To be sure, the experts stress caution when comparing Facebook’s database of 250 billion photos to the FBI’s database of 50 million. Still, That’s a pretty big problem for a facial recognition system that the FBI has said is supposed to be faster and more accurate than police lineups.

Shahar Belkin, CTO of FST Biometrics, told The Verge that the problem with the FBI’s system is mainly the quality of the pictures the government is using. These systems typically require photos with people facing forward “no more than 15 degrees off the center axis.” Mug shots, for example, will work, but if the FBI is using the system to identify criminals through surveillance cameras, it’s going to be more difficult to get an accurate read out.

People have raised concerns about the program’s accuracy for years. In 2010, a government auditor reported that the FBI’s facial recognition technology could fail up to 20 percent of the time, The National Journal reported.

And inaccuracies aren’t the only problems critics have with the FBI’s new technology.

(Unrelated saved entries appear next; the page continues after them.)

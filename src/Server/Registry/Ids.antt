-- ===== src/Server/Registry/Ids.antt =====
-- server/server.go: `genId`.
use ae_ro_go.Base.{
  ℕ, zero, suc, ◌+◌, ◌≡◌, refl, ◌∙◌, [], ◌∷◌, Bytes, Option, none, some, length, All, Option-cases,
  inl, inr, arith,
}
use ae_ro_go.Base.Dict.{Dict, lookup}
use ae_ro_go.Util.Uid.{rand_str8, IsAlnum}
use ae_ro_go.Util.Uid.Ids.{rand_str8_lem}

-- The loop of `genId`, on a stream of draws, of which `k` are used; `none` when the fuel runs out.
-- The result has the number of draws used.
unfoldable pub gen_id : (ℕ → ℕ) → Dict ℕ → ℕ → ℕ → Bytes → Option (Bytes × ℕ)
gen_id draws managers zero k buf8 = none
gen_id draws managers (suc fuel) k buf8 =
    let key = rand_str8 (draws k) buf8 in
    elim (lookup key managers) [
      | none ↦ some (key, suc k)
      | some p ↦ gen_id draws managers fuel (suc k) key
    ]

-- The id of a draw, which does not hang on the buffer.
abbrev pub id_of : ℕ → Bytes
id_of draw = rand_str8 draw (0 ∷ 0 ∷ 0 ∷ 0 ∷ 0 ∷ 0 ∷ 0 ∷ 0 ∷ [])

abbrev FreshId : (ℕ → ℕ) → Dict ℕ → ℕ → ℕ → Bytes → Type 0
FreshId draws managers fuel k buf8 =
    (id : Bytes) × (used : ℕ) × (gen_id draws managers fuel k buf8 ≡ some (id, used))
    × (lookup id managers ≡ none)
    × (length id ≡ 8)
    × All IsAlnum id

gen_id_hit :
    (draws : ℕ → ℕ) (managers : Dict ℕ) (n k : ℕ) (buf8 : Bytes)
    → length buf8 ≡ 8
    → lookup (rand_str8 (draws k) buf8) managers ≡ none
    → FreshId draws managers (suc n) k buf8
unfolding gen_id
gen_id_hit draws managers n k buf8 h free =
    let (sized, alnum, _) = rand_str8_lem (draws k) buf8 buf8 h h in
    (rand_str8 (draws k) buf8, suc k, rw (free, gen_id), free, sized, alnum)

gen_id_next :
    (draws : ℕ → ℕ) (managers : Dict ℕ) (fuel k : ℕ) (buf8 : Bytes) {p : ℕ}
    → lookup (rand_str8 (draws k) buf8) managers ≡ some p
    → gen_id draws managers (suc fuel) k buf8
      ≡ gen_id draws managers fuel (suc k) (rand_str8 (draws k) buf8)
unfolding gen_id
gen_id_next draws managers fuel k buf8 e = rw (e, gen_id)

-- With a buffer of eight bytes, if one of the next draws, the one `n` places on, gives an id that
-- is free, `genId` returns within `n + 1` rounds, and what it returns is free and made of eight
-- letters and digits.
pub gen_id_lem :
    (draws : ℕ → ℕ) (managers : Dict ℕ) (n k : ℕ) (buf8 : Bytes)
    → length buf8 ≡ 8
    → lookup (id_of (draws (k + n))) managers ≡ none
    → (id : Bytes) × (used : ℕ) × (gen_id draws managers (suc n) k buf8 ≡ some (id, used))
      × (lookup id managers ≡ none)
      × (length id ≡ 8)
      × All IsAlnum id
gen_id_lem draws managers zero k buf8 h free =
    let at_k : k + 0 ≡ k = omega arith in
    let (_, _, same) = rand_str8_lem (draws k) buf8 _ h refl in
    gen_id_hit draws managers 0 k buf8 h (rw same (rw at_k at free))
gen_id_lem draws managers (suc n) k buf8 h free =
    elim (Option-cases (lookup (rand_str8 (draws k) buf8) managers)) [
      | inl e ↦ gen_id_hit draws managers (suc n) k buf8 h e
      | inr (p, e) ↦
          let shift : k + suc n ≡ suc k + n = omega arith in
          let (sized, _, _) = rand_str8_lem (draws k) buf8 buf8 h h in
          let (id, used, run, unused, eight, alnum) =
            gen_id_lem draws managers n (suc k) (rand_str8 (draws k) buf8) sized
              (rw shift at free) in
          (id, used, gen_id_next draws managers (suc n) k buf8 e ∙ run, unused, eight, alnum)
    ]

Just last month at least 30 civil rights groups sent a letter to Attorney General Eric Holder asking the Justice Department to do an audit of the FBI’s facial-recognition database. They said the program poses privacy risks to American citizens and expressed concern over whether it has been properly vetted.

"The capacity of the FBI to collect and retain information, even on innocent Americans, has grown exponentially," the letter said. "It is essential for the American public to have a complete picture of all the programs and authorities the FBI uses to track our daily lives, and an understanding of how those programs affect our civil rights and civil liberties."

FBI Director James Comey told Congress last month that the agency will not be collecting and storing photos of average citizens.